[Collected data]
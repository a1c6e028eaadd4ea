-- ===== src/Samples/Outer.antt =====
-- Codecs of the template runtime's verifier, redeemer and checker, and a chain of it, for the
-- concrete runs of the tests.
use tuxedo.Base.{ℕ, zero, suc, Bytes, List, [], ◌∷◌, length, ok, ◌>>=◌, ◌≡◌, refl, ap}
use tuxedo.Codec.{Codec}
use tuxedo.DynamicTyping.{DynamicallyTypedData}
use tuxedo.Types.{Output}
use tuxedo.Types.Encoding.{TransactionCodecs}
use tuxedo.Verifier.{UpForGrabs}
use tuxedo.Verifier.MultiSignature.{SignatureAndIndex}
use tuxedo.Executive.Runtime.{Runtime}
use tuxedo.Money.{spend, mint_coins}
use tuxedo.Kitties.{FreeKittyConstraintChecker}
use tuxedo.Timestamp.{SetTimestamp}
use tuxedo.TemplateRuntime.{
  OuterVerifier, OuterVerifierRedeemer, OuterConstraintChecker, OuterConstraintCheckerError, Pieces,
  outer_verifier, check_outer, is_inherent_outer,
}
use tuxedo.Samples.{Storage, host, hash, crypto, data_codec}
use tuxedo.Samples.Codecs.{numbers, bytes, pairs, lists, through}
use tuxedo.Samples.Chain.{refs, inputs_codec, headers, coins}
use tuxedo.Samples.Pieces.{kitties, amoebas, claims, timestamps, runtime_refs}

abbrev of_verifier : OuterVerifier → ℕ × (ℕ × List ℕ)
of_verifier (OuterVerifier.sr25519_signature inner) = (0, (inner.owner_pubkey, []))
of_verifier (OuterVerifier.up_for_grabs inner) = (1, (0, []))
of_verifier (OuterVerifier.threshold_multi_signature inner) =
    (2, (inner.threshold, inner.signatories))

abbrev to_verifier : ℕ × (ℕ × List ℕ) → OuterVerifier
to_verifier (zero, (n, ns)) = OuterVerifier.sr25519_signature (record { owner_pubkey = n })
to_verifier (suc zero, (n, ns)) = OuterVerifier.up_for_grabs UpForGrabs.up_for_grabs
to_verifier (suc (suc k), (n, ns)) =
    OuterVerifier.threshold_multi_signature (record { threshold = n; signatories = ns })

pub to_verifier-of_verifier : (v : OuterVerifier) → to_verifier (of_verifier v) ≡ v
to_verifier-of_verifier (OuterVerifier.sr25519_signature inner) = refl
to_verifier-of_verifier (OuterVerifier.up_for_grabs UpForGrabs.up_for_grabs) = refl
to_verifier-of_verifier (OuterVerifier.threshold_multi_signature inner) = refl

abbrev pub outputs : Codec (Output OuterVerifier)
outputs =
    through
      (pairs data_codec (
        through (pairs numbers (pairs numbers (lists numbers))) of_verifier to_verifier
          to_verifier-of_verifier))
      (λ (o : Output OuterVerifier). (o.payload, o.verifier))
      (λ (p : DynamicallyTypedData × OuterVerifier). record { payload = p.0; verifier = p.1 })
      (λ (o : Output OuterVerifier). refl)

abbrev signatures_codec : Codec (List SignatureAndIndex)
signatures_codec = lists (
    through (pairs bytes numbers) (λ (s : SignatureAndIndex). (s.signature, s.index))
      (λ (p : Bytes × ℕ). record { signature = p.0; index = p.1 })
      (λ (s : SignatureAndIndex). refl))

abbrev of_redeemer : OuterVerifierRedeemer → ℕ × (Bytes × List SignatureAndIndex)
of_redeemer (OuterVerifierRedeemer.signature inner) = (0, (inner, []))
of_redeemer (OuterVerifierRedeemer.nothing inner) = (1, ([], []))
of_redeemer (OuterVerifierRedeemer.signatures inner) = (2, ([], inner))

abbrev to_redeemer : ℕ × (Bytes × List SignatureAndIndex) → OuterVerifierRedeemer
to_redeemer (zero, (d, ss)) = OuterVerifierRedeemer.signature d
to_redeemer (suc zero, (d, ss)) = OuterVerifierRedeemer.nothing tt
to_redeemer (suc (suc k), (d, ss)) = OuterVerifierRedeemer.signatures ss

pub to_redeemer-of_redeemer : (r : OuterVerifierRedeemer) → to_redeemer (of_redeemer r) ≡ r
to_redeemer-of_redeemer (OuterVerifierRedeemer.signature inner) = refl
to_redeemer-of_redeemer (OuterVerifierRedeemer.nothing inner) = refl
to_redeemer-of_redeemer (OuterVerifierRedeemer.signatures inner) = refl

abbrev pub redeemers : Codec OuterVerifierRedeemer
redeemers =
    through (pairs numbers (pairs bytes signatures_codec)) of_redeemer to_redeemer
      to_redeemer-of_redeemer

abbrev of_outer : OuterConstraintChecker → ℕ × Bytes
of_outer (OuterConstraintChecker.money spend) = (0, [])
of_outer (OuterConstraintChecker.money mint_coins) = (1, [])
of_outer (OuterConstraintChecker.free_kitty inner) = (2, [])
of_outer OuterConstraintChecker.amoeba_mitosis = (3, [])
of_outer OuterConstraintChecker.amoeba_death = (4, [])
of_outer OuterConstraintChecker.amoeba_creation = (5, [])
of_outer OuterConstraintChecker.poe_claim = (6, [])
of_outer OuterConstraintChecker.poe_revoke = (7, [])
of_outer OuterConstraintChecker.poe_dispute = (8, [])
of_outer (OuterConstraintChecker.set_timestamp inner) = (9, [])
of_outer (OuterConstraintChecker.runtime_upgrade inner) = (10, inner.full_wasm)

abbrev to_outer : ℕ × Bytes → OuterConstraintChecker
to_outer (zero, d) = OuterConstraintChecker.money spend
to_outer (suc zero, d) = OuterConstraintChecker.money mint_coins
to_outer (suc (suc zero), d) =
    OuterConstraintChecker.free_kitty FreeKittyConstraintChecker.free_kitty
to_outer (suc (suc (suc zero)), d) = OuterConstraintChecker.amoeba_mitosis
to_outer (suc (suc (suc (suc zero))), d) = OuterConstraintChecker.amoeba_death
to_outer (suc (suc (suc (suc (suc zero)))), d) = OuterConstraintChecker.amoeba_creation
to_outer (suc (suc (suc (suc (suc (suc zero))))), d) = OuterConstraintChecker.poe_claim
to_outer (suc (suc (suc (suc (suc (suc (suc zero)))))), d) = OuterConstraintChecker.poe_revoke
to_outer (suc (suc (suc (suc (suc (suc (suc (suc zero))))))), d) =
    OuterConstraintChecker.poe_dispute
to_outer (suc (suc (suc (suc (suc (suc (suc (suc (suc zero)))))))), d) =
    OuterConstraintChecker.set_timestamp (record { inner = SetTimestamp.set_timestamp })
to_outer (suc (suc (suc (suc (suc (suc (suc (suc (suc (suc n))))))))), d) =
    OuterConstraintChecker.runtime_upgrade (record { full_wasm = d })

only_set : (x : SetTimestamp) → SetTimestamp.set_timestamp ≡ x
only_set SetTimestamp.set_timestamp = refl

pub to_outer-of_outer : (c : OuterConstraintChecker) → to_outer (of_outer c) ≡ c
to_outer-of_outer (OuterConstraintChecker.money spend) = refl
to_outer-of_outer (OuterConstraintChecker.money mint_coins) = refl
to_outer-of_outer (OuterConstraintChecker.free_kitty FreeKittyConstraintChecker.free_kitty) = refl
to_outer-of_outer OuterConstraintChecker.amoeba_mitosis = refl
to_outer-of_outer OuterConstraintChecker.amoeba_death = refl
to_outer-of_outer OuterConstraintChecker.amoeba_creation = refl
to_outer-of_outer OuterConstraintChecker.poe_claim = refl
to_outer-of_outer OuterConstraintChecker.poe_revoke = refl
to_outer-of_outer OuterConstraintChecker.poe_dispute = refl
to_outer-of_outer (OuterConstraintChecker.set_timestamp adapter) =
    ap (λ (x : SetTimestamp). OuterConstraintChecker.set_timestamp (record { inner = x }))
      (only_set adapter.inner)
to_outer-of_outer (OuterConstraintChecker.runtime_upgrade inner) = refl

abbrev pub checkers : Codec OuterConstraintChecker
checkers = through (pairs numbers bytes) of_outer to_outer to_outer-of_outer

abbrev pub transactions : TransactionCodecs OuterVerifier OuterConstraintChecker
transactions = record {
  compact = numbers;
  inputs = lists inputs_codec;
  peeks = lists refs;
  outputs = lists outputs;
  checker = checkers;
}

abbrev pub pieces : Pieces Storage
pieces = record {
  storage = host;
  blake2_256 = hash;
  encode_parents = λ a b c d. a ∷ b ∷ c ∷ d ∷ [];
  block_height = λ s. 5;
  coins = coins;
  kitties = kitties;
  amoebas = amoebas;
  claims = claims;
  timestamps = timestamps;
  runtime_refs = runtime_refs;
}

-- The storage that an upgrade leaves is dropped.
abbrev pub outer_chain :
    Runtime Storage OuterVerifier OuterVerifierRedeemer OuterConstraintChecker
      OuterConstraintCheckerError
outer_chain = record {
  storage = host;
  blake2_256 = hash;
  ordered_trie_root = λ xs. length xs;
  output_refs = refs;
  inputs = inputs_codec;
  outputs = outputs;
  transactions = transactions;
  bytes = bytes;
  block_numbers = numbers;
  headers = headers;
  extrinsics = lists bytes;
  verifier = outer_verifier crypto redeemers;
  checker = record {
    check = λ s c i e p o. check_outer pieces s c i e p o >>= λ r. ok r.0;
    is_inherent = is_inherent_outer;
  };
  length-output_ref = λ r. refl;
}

Work required —
From the line holding "headers = headers;" to the final line of the data, output each line exactly and nothing more.

Task solution —
  headers = headers;
  extrinsics = lists bytes;
  verifier = outer_verifier crypto redeemers;
  checker = record {
    check = λ s c i e p o. check_outer pieces s c i e p o >>= λ r. ok r.0;
    is_inherent = is_inherent_outer;
  };
  length-output_ref = λ r. refl;
}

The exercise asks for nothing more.